# Lightroom 4 and 5D Mark III



## seenew (Mar 23, 2012)

Any word when LR4 will support the new 5D? So frustrating..


----------



## prestonpalmer (Mar 23, 2012)

Inside source told me about another week for the first LR4 update. It will fix a number of other issues as well.

In the meantime, use ACR 6.7 RC for photoshop and that supports the 5DIII. Good luck! Mine will be here Monday!


----------



## tt (Mar 23, 2012)

Shoot, store the RAWs, use jpegs. Frustrating, but LR4 is pretty new, hasn't even had a .x bug fix, and the MkIII isn't even reviewed much yet. 

Will come soon enough - but i'd imagine definitely annoying for those who want to process images!


----------



## YellowJersey (Mar 23, 2012)

I'm going to assume that it would be foolish to wish/hope for for 5D3 compatibility with Lightroom 3.


----------



## dericcainphoto (Mar 23, 2012)

IMO the best method to use your 5D III with Lightroom 3 or 4 is this....
[list type=decimal]
Download Adobe's DNG Converter 6.7 and install. (Which supports the 5D Mark III) 
Transfer all of your RAW files to your computer and then use the DNG converter to convert the CR2 files into DNG's. 
Import the files into Lightroom 3 or 4 and edit away!
[/list]
I hope this helps!!!


----------



## prestonpalmer (Mar 24, 2012)

It is unlikely LR3 will support the 5DIII. No worries, only $79 for the upgrade! Also, the tools in LR4 are AMAZING!

As others were saying, shoot RAW+JPG. Use JPG for now.... RAW when LR updates. My camera will be in on Monday! YES!


----------



## justsomedude (Mar 24, 2012)

I just posted up a HOW-TO for getting your 5D3 RAW files into LR4...
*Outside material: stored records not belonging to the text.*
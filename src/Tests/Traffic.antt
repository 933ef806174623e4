-- ===== src/Tests/Traffic.antt =====
-- Requests to a limiter of two in a window, a chain of proxies, and paths for the log.
use sub_share_go.Common.{
  ℕ, List, [], ◌∷◌, true, ◌≡◌, ◌≤◌, ◌<◌, ◌-◌, ◌↔◌, refl, arith, length, cons-ne-nil, text, text_eq,
}
use sub_share_go.Strings.{Text, codes, trim_space, join, split}
use sub_share_go.Strings.Split.{split-Lacks}
use sub_share_go.Middleware.RateLimiter.{RateLimiter, new_rate_limiter, allow, recent}
use sub_share_go.Middleware.RateLimiter.Window.{allow_iff, within}
use sub_share_go.Table.{lookup}
use sub_share_go.Middleware.RateLimiter.Capacity.{IsBounded, allow-IsBounded}
use sub_share_go.Middleware.RateLimiter.Trace.{grants, window_limit}
use sub_share_go.Middleware.ClientIp.{
  Request, client_ip, trusted_proxy, remote_host, ip_in_networks,
}
use sub_share_go.Middleware.ClientIp.Forwarded.{client_ip-hops}
use sub_share_go.Middleware.LogPath.{
  IsRedacted, behind_first, sanitize_log_path, sanitize_log_path-IsRedacted,
}
use sub_share_go.Tests.Fixtures.{net}

abbrev peer : Text
peer = codes "10.0.0.9"

abbrev two_in_window : RateLimiter
two_in_window = new_rate_limiter 2 100

abbrev busy : RateLimiter
busy = record { attempts = (peer, 900 ∷ 950 ∷ []) ∷ []; limit = 2; window = 100; max_peers = 1 }

abbrev burst : List (ℕ × Text)
burst = (1000, peer) ∷ (1001, peer) ∷ (1002, peer) ∷ (1150, peer) ∷ []

window_limit_example : length (recent (1150 - 100) (grants peer (new_rate_limiter 2 100) burst)) ≤ 2
window_limit_example =
    window_limit peer 2 100 1150 burst
      (omega arith, (omega arith, (omega arith, (omega arith, omega arith)))) (omega arith)

allow_iff_example : ((allow 1000 peer busy).0 ≡ true) ↔ (within 1000 100 (900 ∷ 950 ∷ []) < 2)
unfolding lookup text_eq
allow_iff_example = allow_iff 1000 peer busy (omega arith)

busy-IsBounded : IsBounded busy
busy-IsBounded = record { room = omega arith; fits = omega arith; named = (cons-ne-nil _ _, tt) }

allow-IsBounded_example : IsBounded (allow 2000 (codes "10.0.0.8") busy).1
allow-IsBounded_example =
    allow-IsBounded 2000 (codes "10.0.0.8") busy (cons-ne-nil _ _) busy-IsBounded

-- the peer and the last hop are proxies, the first hop is forged
abbrev forwarded : Request
forwarded = record {
  remote_addr = codes "p1";
  x_forwarded_for = codes "fake,client,p2";
  x_real_ip = [];
}

client_ip-hops_example : client_ip net forwarded (codes "p1" ∷ codes "p2" ∷ []) ≡ codes "client"
unfolding trusted_proxy remote_host ip_in_networks trim_space text_eq join split
client_ip-hops_example =
    client_ip-hops net (codes "p1" ∷ codes "p2" ∷ []) forwarded (codes "fake" ∷ [])
      (codes "p2" ∷ []) (codes "client") (codes "client") refl refl
      (split-Lacks b',' forwarded.x_forwarded_for) refl refl ((codes "p2", refl, refl), tt)

sanitize_log_path-IsRedacted_example :
    IsRedacted (behind_first (split b'/' (sanitize_log_path (codes "/sub/secret/hwid/x"))))
    × (length (split b'/' (sanitize_log_path (codes "/sub/secret/hwid/x")))
        ≡ length (split b'/' (codes "/sub/secret/hwid/x")))
sanitize_log_path-IsRedacted_example = sanitize_log_path-IsRedacted (codes "/sub/secret/hwid/x")
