-- ===== src/Users/Assignment.antt =====
-- The keys that are assigned to a user: the positive ids of the request, each once.
use sub_share_go.Common.{
  times, times-snoc, times-contains, contains-snoc, ◌≤◌, List, [], ◌∷◌, ◌++◌, true, false, ◌||◌, ℤ,
  above, int, ◌≡◌, ◌⊎◌, contains, arith, refl, Bool-cases, inl, inr, int_eq_iff,
}
use sub_share_go.Common.Result.{ok}
use sub_share_go.Users.{normalize_ids_from, normalize_assignment_ids}

-- What the loop keeps of the ids it has seen and of those to come.
loop-times :
    (seen ids out : List ℤ) (a : ℤ)
    → normalize_ids_from seen ids ≡ ok out
    → times a seen ≤ 1
    → (times a out ≤ 1)
      × (contains out a ≡ (contains seen a || contains ids a))
      × (contains ids a ≡ true → above a 0 ≡ true)
unfolding normalize_ids_from
loop-times seen [] out a h few = (ground arith, ground arith, ground arith)
loop-times seen (id ∷ ids) out a h few =
    let skip = loop-times seen ids out a in
    let add = loop-times (seen ++ id ∷ []) ids out a in
    let same = int_eq_iff id a in
    let snoc = contains-snoc seen id a in
    let more = times-snoc seen id a in
    let held = times-contains seen a in
    let held_id = times-contains seen id in (ground arith, ground arith, ground arith)

later_positive :
    (id : ℤ) (ids : List ℤ)
    → ((a : ℤ) → contains (id ∷ ids) a ≡ true → above a 0 ≡ true)
    → (a : ℤ) → contains ids a ≡ true
    → above a 0 ≡ true
later_positive id ids positive a has = positive a (ground (arith, has))

loop_total :
    (seen ids : List ℤ)
    → ((a : ℤ) → contains ids a ≡ true → above a 0 ≡ true)
    → (out : List ℤ) × (normalize_ids_from seen ids ≡ ok out)
unfolding normalize_ids_from
loop_total seen [] positive = (seen, refl)
loop_total seen (id ∷ ids) positive =
    let id_positive = positive id (ground (arith, int_eq_iff id id)) in
    elim (Bool-cases (contains seen id)) [
      | inl known ↦
          let (out, e) = loop_total seen ids (later_positive id ids positive) in (out, ground arith)
      | inr fresh ↦
          let (out, e) = loop_total (seen ++ id ∷ []) ids (later_positive id ids positive) in
          (out, ground arith)
    ]

-- When the ids of an assignment are accepted, those kept are those of the request, each of them once,
-- and all are positive.
pub normalize_assignment_ids-distinct :
    (ids out : List ℤ) (a : ℤ)
    → normalize_assignment_ids ids ≡ ok out
    → (times a out ≤ 1)
      × (contains out a ≡ contains ids a)
      × ((contains ids a ≡ false) ⊎ (above a 0 ≡ true))
normalize_assignment_ids-distinct ids out a h =
    let (once, same, positive) = loop-times [] ids out a h (omega arith) in
    (once, same, ground (arith, positive))

-- Ids that are all positive are accepted.
pub normalize_assignment_ids_total :
    (ids : List ℤ)
    → ((a : ℤ) → contains ids a ≡ true → above a 0 ≡ true)
    → (out : List ℤ) × (normalize_assignment_ids ids ≡ ok out)
normalize_assignment_ids_total ids = loop_total [] ids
http://www.akphotodenver.com/2012/03/23/how-to-open-canon-5d-mark-iii-raw-files-in-lightroom-4-lr/

Enjoy!


----------



## JR (Mar 24, 2012)

justsomedude said:


> I just posted up a HOW-TO for getting your 5D3 RAW files into LR4...
> 
> http://www.akphotodenver.com/2012/03/23/how-to-open-canon-5d-mark-iii-raw-files-in-lightroom-4-lr/
> 
> Enjoy!



Thanks! I am getting the 5DmkIII tomorrow in spite all the negative report coming on soft image. Will try your approach.


----------



## snowweasel (Apr 26, 2012)

Adobe has released Lightroom 4.1 Release Canidate 2 (RC2). It's available at: http://labs.adobe.com/downloads/lightroom4-1.html


----------



## dswatson83 (Apr 27, 2012)

Since RC2 is out, I think it will be about 2-3 weeks.


----------